### WHAT IS NEEDED:
In the data that follows, find each line containing "inner" and copy it.

### DATASET:
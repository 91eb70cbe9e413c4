-- ===== src/Net/Ip/Sums.antt =====
-- The checksum of an IPv4 header: a header that holds it sums to 0.
use gooos.Common.{ℕ, ◌+◌, ◌-◌, ◌*◌, ◌/◌, ◌<◌, ◌≡◌, ap, ◌∙◌, u8, u16, arith}
use gooos.Net.Checksum.{add_words, fold, fold_fuel, fold_lem, fold_pos}
use gooos.Net.Ip.{ipv4_checksum, ipv4_bytes}

-- the sum of the ten words of a header, which is far from its bound
pub sum_of : ℕ → ℕ → ℕ → ℕ → ℕ → ℕ → ℕ
sum_of id proto src_ip dst_ip total c =
    17664
    + (u8 (total / 256) * 256 + u8 total)
    + (u8 (id / 256) * 256 + u8 id)
    + 16384
    + (64 * 256 + proto)
    + c
    + (u8 (src_ip / 16777216) * 256 + u8 (src_ip / 65536))
    + (u8 (src_ip / 256) * 256 + u8 src_ip)
    + (u8 (dst_ip / 16777216) * 256 + u8 (dst_ip / 65536))
    + (u8 (dst_ip / 256) * 256 + u8 dst_ip)

pub add_words-header :
    (id proto src_ip dst_ip total c d : ℕ)
    → proto < 256
    → c < 256
    → d < 256
    → add_words 0 (ipv4_bytes id proto src_ip dst_ip total c d)
      ≡ sum_of id proto src_ip dst_ip total (c * 256 + d)
unfolding sum_of add_words
add_words-header id proto src_ip dst_ip total c d proto_in c_in d_in = omega arith

pub sum_of-split :
    (id proto src_ip dst_ip total c : ℕ)
    → proto < 256
    → let s = sum_of id proto src_ip dst_ip total 0 in
      (0 < s) × (s < 1000000) × (sum_of id proto src_ip dst_ip total c ≡ s + c)
unfolding sum_of
sum_of-split id proto src_ip dst_ip total c proto_in = omega arith

-- a sum with its complement added folds to 65535
pub fold-balanced :
    (s c : ℕ)
    → 0 < s
    → s < 1000000
    → c ≡ 65535 - u16 (fold fold_fuel s)
    → (c < 65536) × (65535 - u16 (fold fold_fuel (s + c)) ≡ 0)
fold-balanced s c pos small e =
    let inner = fold_lem s (omega arith) in
    let outer = fold_lem (s + c) (omega arith) in
    let positive = fold_pos fold_fuel (s + c) (omega arith) (omega arith) in
    omega (arith, inner, outer, positive)

-- the checksum of a header that holds its checksum is 0
pub ipv4_checksum-sealed :
    (id proto src_ip dst_ip total : ℕ)
    → proto < 256
    → let c = ipv4_checksum (ipv4_bytes id proto src_ip dst_ip total 0 0) in
      (c < 65536)
      × (ipv4_checksum (ipv4_bytes id proto src_ip dst_ip total (u8 (c / 256)) (u8 c)) ≡ 0)
unfolding ipv4_checksum
ipv4_checksum-sealed id proto src_ip dst_ip total proto_in =
    let c = ipv4_checksum (ipv4_bytes id proto src_ip dst_ip total 0 0) in
    let s = sum_of id proto src_ip dst_ip total 0 in
    let complement = λ (n : ℕ). 65535 - u16 (fold fold_fuel n) in
    let (pos, small, split) =
      sum_of-split id proto src_ip dst_ip total (u8 (c / 256) * 256 + u8 c) proto_in in
    let plain =
      add_words-header id proto src_ip dst_ip total 0 0 proto_in (omega arith) (omega arith) in
    let whole =
      add_words-header id proto src_ip dst_ip total (u8 (c / 256)) (u8 c) proto_in (omega arith)
        (omega arith) in
    let (c_in, balanced) = fold-balanced s c pos small (ap complement plain) in
    let same : s + (u8 (c / 256) * 256 + u8 c) ≡ s + c = omega arith in
    (c_in, ap complement (whole ∙ split ∙ same) ∙ balanced)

### RESPONSE FOR THIS EXERCISE:
    let inner = fold_lem s (omega arith) in
    omega (arith, inner, outer, positive)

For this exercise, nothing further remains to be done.